### Exercise requirements
Every line with the string "Stored" should be copied from the data.

### Dataset records

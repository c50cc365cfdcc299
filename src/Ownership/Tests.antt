-- ===== src/Ownership/Tests.antt =====
-- Runs of the lookups, and the theorems at three accounts of which two claim one address.
use passmower.Prelude.{String, Option, none, some, ◌≡◌, refl, Bool, List, [], ◌∷◌, same_text}
use passmower.Account.{Account}
use passmower.Fixtures.{email_text, anna, bob, carl}
use passmower.Ownership.{
  Found, ok, error, different_users, find_user_by_emails, find_unique_stable_identity,
  assess_email_ownership, candidates, is_eligible, canonicalize_email, get_claimed_emails,
  account_order, claims_from, claim_emails, claim_email, owners_from, conflicts_from, add_conflicts,
  add_conflict, distinct_accounts,
}
use passmower.Ownership.Eligible.{eligible_disjoint}

abbrev users : List Account
users = carl ∷ bob ∷ anna ∷ []

-- Opening this opens all that a lookup computes with.
look_up : List (Option String) → Found
unfolding find_user_by_emails assess_email_ownership candidates is_eligible canonicalize_email
    get_claimed_emails account_order claims_from claim_emails claim_email owners_from conflicts_from
    add_conflicts add_conflict distinct_accounts find_unique_stable_identity
look_up = find_user_by_emails email_text users

found_bob : look_up (some "b@x" ∷ []) ≡ ok (some bob)
unfolding look_up
found_bob = refl

-- The address of `anna` was claimed by `carl` too: the older account owns it, and only the younger
-- one is in conflict.
older_owns : look_up (some "a@x" ∷ []) ≡ ok (some anna)
unfolding look_up
older_owns = refl

different : look_up (some "a@x" ∷ some "b@x" ∷ []) ≡ error different_users
unfolding look_up
different = refl

nobody_found : look_up (some "c@x" ∷ []) ≡ ok none
unfolding look_up
nobody_found = refl

eligible_disjoint_example : bob.account_id ≡ bob.account_id
unfolding look_up
eligible_disjoint_example = eligible_disjoint email_text users bob bob "b@x" refl refl refl refl

abbrev is_bob : Account → Bool
is_bob a = same_text (some a.account_id) (some "bob")
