-- ===== src/RedisStore/Commands.antt =====
-- What the adapter calls: the commands of Redis, and JSON.
use passmower.Prelude.{
  ℕ, String, Option, none, some, Bool, false, List, [], ◌∷◌, ◌++◌, ◌==◌, ◌≡◌, if◌then◌else◌,
  contains, without, Assoc, insert,
}

-- The value of a key, by the command that reads it: GET, HGETALL, LRANGE 0 -1, SMEMBERS. A key has
-- one type, so at most one of them is not empty.
pub record Stored : Type 0 where
  pub text : Option String
  pub hash : Assoc String
  pub list : List String
  pub members : List String

abbrev pub nothing : Stored
nothing = record { text = none; hash = []; list = []; members = [] }

-- The commands, with what Redis documents for a key of the command's own type.
pub record Redis : Type 1 where
  pub State : Type 0
  pub value_at : State → String → Stored
  pub set : String → String → State → State
  pub hset : String → String → String → State → State
  pub rpush : String → String → State → State
  pub sadd : String → String → State → State
  pub srem : String → String → State → State
  pub del : String → State → State
  pub expire : String → ℕ → State → State
  pub ttl_below : String → ℕ → State → Bool
  pub value_at-set :
      (k t j : String) (s : State)
      → value_at (set k t s) j ≡ (if k == j then record nothing { text = some t } else value_at s j)
  pub value_at-hset :
      (k f v j : String) (s : State)
      → value_at (hset k f v s) j ≡ (
          if k == j
          then record (value_at s k) { hash = insert f v (value_at s k).hash }
          else value_at s j)
  pub value_at-rpush :
      (k x j : String) (s : State)
      → value_at (rpush k x s) j ≡ (
          if k == j
          then record (value_at s k) { list = (value_at s k).list ++ x ∷ [] }
          else value_at s j)
  pub value_at-sadd :
      (k x j : String) (s : State)
      → value_at (sadd k x s) j ≡ (
          if k == j
          then record (value_at s k) {
            members =
                if contains x (value_at s k).members
                then (value_at s k).members
                else (value_at s k).members ++ x ∷ [];
          }
          else value_at s j)
  pub value_at-srem :
      (k x j : String) (s : State)
      → value_at (srem k x s) j ≡ (
          if k == j
          then record (value_at s k) { members = without x (value_at s k).members }
          else value_at s j)
  pub value_at-del :
      (k j : String) (s : State) → value_at (del k s) j ≡ (if k == j then nothing else value_at s j)
  pub value_at-expire :
      (k : String) (n : ℕ) (j : String) (s : State) → value_at (expire k n s) j ≡ value_at s j

-- JSON.stringify and JSON.parse on payloads, and the text of a field of one.
pub record Json : Type 1 where
  pub Payload : Type 0
  pub stringify : Payload → String
  pub parse : String → Payload
  pub field : String → Payload → Option String
  pub seconds_left : String → Payload → ℕ  -- Math.floor(payload[key] - Date.now() / 1000)
  pub parse-stringify : (p : Payload) → parse (stringify p) ≡ p
  pub stringify_nonempty : (p : Payload) → (stringify p == "") ≡ false
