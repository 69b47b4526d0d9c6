-- ===== src/Examples/Scans.antt =====
-- A tree with two border nodes below an interior node, a range, and two threads.
use yakushima.Common.{◌≡◌, refl, [], ◌∷◌, ◌++◌, some, none, arith, update, ℕ, true}
use yakushima.Scheme.{Status, ScanEndpoint}
use yakushima.Key.{prepare, key_slice, memcmp, load, prefix_compare, remove_prefix}
use yakushima.Key.Lex.{lex}
use yakushima.BaseNode.{init_base, get_key_slice_at, get_key_length_at}
use yakushima.Version.{VersionBody, stable}
use yakushima.Version
use yakushima.Value.{get_body, get_len, remove_ptr_flag}
use yakushima.LinkOrValue.{get_value}
use yakushima.InteriorNode.{InteriorNode, init_interior, pick_child, find_index, get_child_at}
use yakushima.BorderNode.{BorderNode}
use yakushima.Tree.{World, border_node, interior_node, version_at}
use yakushima.Tree.Descent.{still, IsLive, Descent, arrive, turn}
use yakushima.Scan.{Query, Out, visit, below_left, below_right}
use yakushima.Scan.Range.{
  in_left, in_right, placed, left_below, right_below, visit-placed, below_left-in_left,
  below_right-in_right,
}
use yakushima.Scan.Entries.{Entry, wanted}
use yakushima.Scan.Node.{QuietNode}
use yakushima.Scan.Chain.{Chain, last, linked, scan-wanted}
use yakushima.Scan.Layers.{scan, from_top, scan_key}
use yakushima.DestroyManager.{
  outside, Reachable, start, then_step, calls, goes_round, expecting, finished, check_room_round,
}
use yakushima.DestroyManager.Room.{Counts, Reachable-Counts}
use yakushima.Examples.Trees.{no_values, leaf, leaf-Holds, long_key}

-- The keys "3" and "5" in two border nodes.
abbrev leaf_version : VersionBody
leaf_version = record Version.init { border = true }

abbrev first_leaf : BorderNode
first_leaf = leaf leaf_version (prepare (3 ∷ [])) 30 16

abbrev second_leaf : BorderNode
second_leaf = leaf leaf_version (prepare (5 ∷ [])) 50 0

abbrev top : InteriorNode
top = record init_interior {
  base = record init_base {
    slices = update init_base.slices 0 (key_slice (5 ∷ []));
    lengths = update init_base.lengths 0 1;
    version = record Version.init { root = true };
  };
  n_keys = 1;
  children = update (update init_interior.children 0 8) 1 16;
}

abbrev two_leaves : World
two_leaves = record {
  root = 24;
  nodes =
      update
        (update (update (λ _. none) 8 (some (border_node first_leaf))) 16
          (some (border_node second_leaf)))
        24 (some (interior_node top));
  memory = no_values;
  fresh = [];
}

-- From "3", without it, up to "5".
abbrev three_to_five : Query
three_to_five = record {
  l_key = 3 ∷ [];
  l_end = ScanEndpoint.exclusive;
  r_key = 5 ∷ [];
  r_end = ScanEndpoint.inclusive;
  key_prefix = [];
  max_size = 0;
}

abbrev three : Entry
three = record { slot = 0; key = 3 ∷ []; body = 30; len = 8 }

abbrev five : Entry
five = record { slot = 0; key = 5 ∷ []; body = 50; len = 8 }

leaf-IsLive : IsLive leaf_version
leaf-IsLive = record { quiet = refl; kept = refl }

first-QuietNode : QuietNode two_leaves 8 leaf_version first_leaf (three ∷ [])
unfolding version_at get_body get_len get_value remove_ptr_flag
first-QuietNode = record {
  here = refl;
  version = refl;
  live = leaf-IsLive;
  holds = leaf-Holds leaf_version (prepare (3 ∷ [])) 30 16;
  entries = (record { short = omega arith; same = refl; has_body = refl; has_len = refl }, tt);
  sorted = (tt, tt);
}

second-QuietNode : QuietNode two_leaves 16 leaf_version second_leaf (five ∷ [])
unfolding version_at get_body get_len get_value remove_ptr_flag
second-QuietNode = record {
  here = refl;
  version = refl;
  live = leaf-IsLive;
  holds = leaf-Holds leaf_version (prepare (5 ∷ [])) 50 0;
  entries = (record { short = omega arith; same = refl; has_body = refl; has_len = refl }, tt);
  sorted = (tt, tt);
}

both : Chain two_leaves 2 8 leaf_version (three ∷ five ∷ [])
both =
    linked 1 8 first_leaf leaf_version leaf_version (three ∷ []) (five ∷ []) first-QuietNode refl
      (last 16 second_leaf leaf_version (five ∷ []) second-QuietNode refl)

way : Descent two_leaves (scan_key (3 ∷ [])) 1 24 (top.base.version) 8
unfolding pick_child find_index get_child_at get_key_slice_at get_key_length_at prefix_compare
    memcmp load
way =
    turn 24 8 8 top top.base.version leaf_version 0 refl refl (record { quiet = refl; kept = refl })
      refl refl refl (arrive 8 first_leaf leaf_version refl refl leaf-IsLive refl)

abbrev no_tuples : Out
no_tuples = record { tuple_list = []; node_version_vec = none }

scan-wanted_example :
    (o' : Out) × (t' : ℕ) × (scan 0 5 (still two_leaves) three_to_five no_tuples 0
      ≡ some (Status.ok, o', t'))
    × (o'.tuple_list ≡ wanted (from_top three_to_five) (three ∷ five ∷ []))
unfolding lex
scan-wanted_example =
    scan-wanted 0 2 three_to_five no_tuples 0 refl refl refl way refl both ((refl, tt), (tt, tt))
      (omega arith) (omega arith)

visit-placed_example :
    visit three_to_five (prepare (4 ∷ [])) (4 ∷ [])
    ≡ placed
        (in_left ScanEndpoint.exclusive (lex (3 ∷ []) (4 ∷ [])))
        (in_right ScanEndpoint.inclusive (lex (5 ∷ []) (4 ∷ [])))
visit-placed_example = visit-placed three_to_five (4 ∷ []) (4 ∷ []) (omega arith)

-- From "12345678" on.
abbrev from_eight : Query
from_eight = record three_to_five { l_key = 1 ∷ 2 ∷ 3 ∷ 4 ∷ 5 ∷ 6 ∷ 7 ∷ 8 ∷ [] }

below_left-in_left_example :
    left_below (below_left from_eight (key_slice long_key)) (remove_prefix 8 long_key)
    ≡ in_left ScanEndpoint.exclusive (lex from_eight.l_key long_key)
below_left-in_left_example = below_left-in_left from_eight long_key (omega arith)

below_right-in_right_example :
    right_below (below_right three_to_five (key_slice long_key)) (key_slice long_key ++ 9 ∷ [])
    ≡ in_right ScanEndpoint.inclusive (lex (5 ∷ []) (key_slice long_key ++ 9 ∷ []))
below_right-in_right_example = below_right-in_right three_to_five (key_slice long_key) 9 []

-- One processor, two threads, of which one has called `check_room` and taken the room.
one_taken : Reachable 1 2 (
    finished
      (record { destroy_threads_num = 0; threads = update (λ _. outside) 0 (expecting 0) })
      0
      (check_room_round 1 true 0 0))
one_taken =
    then_step (then_step start (calls 0 (omega arith) refl))
      (goes_round 0 0 true (omega arith) refl)

Reachable-Counts_example : Counts 1 2 (
    finished
      (record { destroy_threads_num = 0; threads = update (λ _. outside) 0 (expecting 0) })
      0
      (check_room_round 1 true 0 0))
Reachable-Counts_example = Reachable-Counts (omega arith) one_taken
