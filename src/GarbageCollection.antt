-- ===== src/GarbageCollection.antt =====
-- include/garbage_collection.h: what a session has retired waits, oldest first, until the epoch
-- for the collection has passed it.
pub mod Collected
use yakushima.Common.{
  ℕ, zero, suc, ◌+◌, ◌≡◌, Bool, true, false, List, [], ◌∷◌, ◌++◌, Option, none, some, ◌>>=◌, ◌==◌,
  leb, if◌then◌else◌,
}

-- `concurrent_queue` of the third-party library, as far as one consumer uses it: a queue stands
-- for a list, and is first in, first out.
pub record ConcurrentQueue (A : Type 0) : Type 1 where
  pub Queue : Type 0
  pub contents : Queue → List A
  pub empty : Queue → Bool
  pub try_pop : Queue → Option (A × Queue)
  pub push : Queue → A → Queue
  pub empty-contents : (q : Queue) → contents q ≡ [] → empty q ≡ true
  pub try_pop-contents :
      (q : Queue) (a : A) (later : List A)
      → contents q ≡ a ∷ later
      → (empty q ≡ false) × (q' : Queue) × (try_pop q ≡ some (a, q')) × (contents q' ≡ later)
  pub push-contents : (q : Queue) (a : A) → contents (push q a) ≡ contents q ++ a ∷ []

-- A retired object: epoch, address, and what `operator delete` asks for besides (size and alignment
-- of a value, nothing for a node).
abbrev pub Elem : Type 0 → Type 0
Elem A = ℕ × ℕ × A

-- One container with its cache; a cache with the address null holds nothing.
pub record Container {A : Type 0} (Q : ConcurrentQueue (Elem A)) : Type 0 where
  pub cache : Elem A
  pub queue : Q.Queue

module _ {A : Type 0} (Q : ConcurrentQueue (Elem A)) where
  -- What an operation frees, in this order, and what it leaves.
  abbrev pub Freed : Type 0
  Freed = List (Elem A) × Container Q

  abbrev pub also_freed : Elem A → Option Freed → Option Freed
  also_freed x none = none
  also_freed x (some (freed, c)) = some (x ∷ freed, c)

  -- `std::get<gc_target_index>(cache) = nullptr`
  abbrev pub no_target : Elem A → Elem A
  no_target x = (x.0, 0, x.2)

  -- The loop of `gc_node` over the container, on fuel. A `try_pop` that fails on a queue that is
  -- not empty is tried for ever.
  unfoldable pub gc_node_loop : ℕ → ℕ → Elem A → Q.Queue → Option Freed
  gc_node_loop zero gc_epoch cache q = none
  gc_node_loop (suc fuel) gc_epoch cache q = elim (Q.empty q) [
    | true ↦ some ([], record { cache = cache; queue = q })
    | false ↦ elim (Q.try_pop q) [
      | none ↦ none
      | some (elem, q') ↦ elim (leb gc_epoch elem.0) [
        | true ↦ some ([], record { cache = elem; queue = q' })
        | false ↦ also_freed elem (gc_node_loop fuel gc_epoch cache q')
      ]
    ]
  ]

  unfoldable pub gc_node : ℕ → ℕ → Container Q → Option Freed
  gc_node fuel gc_epoch c =
      if c.cache.1 == 0
      then gc_node_loop fuel gc_epoch c.cache c.queue
      else if leb gc_epoch c.cache.0
      then some ([], c)
      else also_freed c.cache (gc_node_loop fuel gc_epoch (no_target c.cache) c.queue)

  -- The loop of `gc_value`, which asks again whether the queue is empty after a failed `try_pop`.
  unfoldable pub gc_value_loop : ℕ → ℕ → Elem A → Q.Queue → Option Freed
  gc_value_loop zero gc_epoch cache q = none
  gc_value_loop (suc fuel) gc_epoch cache q = elim (Q.empty q) [
    | true ↦ some ([], record { cache = cache; queue = q })
    | false ↦ elim (Q.try_pop q) [
      | none ↦ gc_value_loop fuel gc_epoch cache q
      | some (elem, q') ↦ elim (leb gc_epoch elem.0) [
        | true ↦ some ([], record { cache = elem; queue = q' })
        | false ↦ also_freed elem (gc_value_loop fuel gc_epoch cache q')
      ]
    ]
  ]

  unfoldable pub gc_value : ℕ → ℕ → Container Q → Option Freed
  gc_value fuel gc_epoch c =
      if c.cache.1 == 0
      then gc_value_loop fuel gc_epoch c.cache c.queue
      else if leb gc_epoch c.cache.0
      then some ([], c)
      else also_freed c.cache (gc_value_loop fuel gc_epoch (no_target c.cache) c.queue)

  -- One container of `fin`: everything is freed.
  unfoldable pub fin_loop : ℕ → Elem A → Q.Queue → Option Freed
  fin_loop zero cache q = none
  fin_loop (suc fuel) cache q = elim (Q.empty q) [
    | true ↦ some ([], record { cache = cache; queue = q })
    | false ↦ elim (Q.try_pop q) [
      | none ↦ none
      | some (elem, q') ↦ also_freed elem (fin_loop fuel cache q')
    ]
  ]

  unfoldable pub fin : ℕ → Container Q → Option Freed
  fin fuel c =
      if c.cache.1 == 0
      then fin_loop fuel c.cache c.queue
      else also_freed c.cache (fin_loop fuel (no_target c.cache) c.queue)

  -- `push_node_container` and `push_value_container`
  unfoldable pub push_container : Container Q → Elem A → Container Q
  push_container c elem = record c { queue = Q.push c.queue elem }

### Finished task
pub record Stored : Type 0 where
abbrev pub nothing : Stored
  pub value_at : State → String → Stored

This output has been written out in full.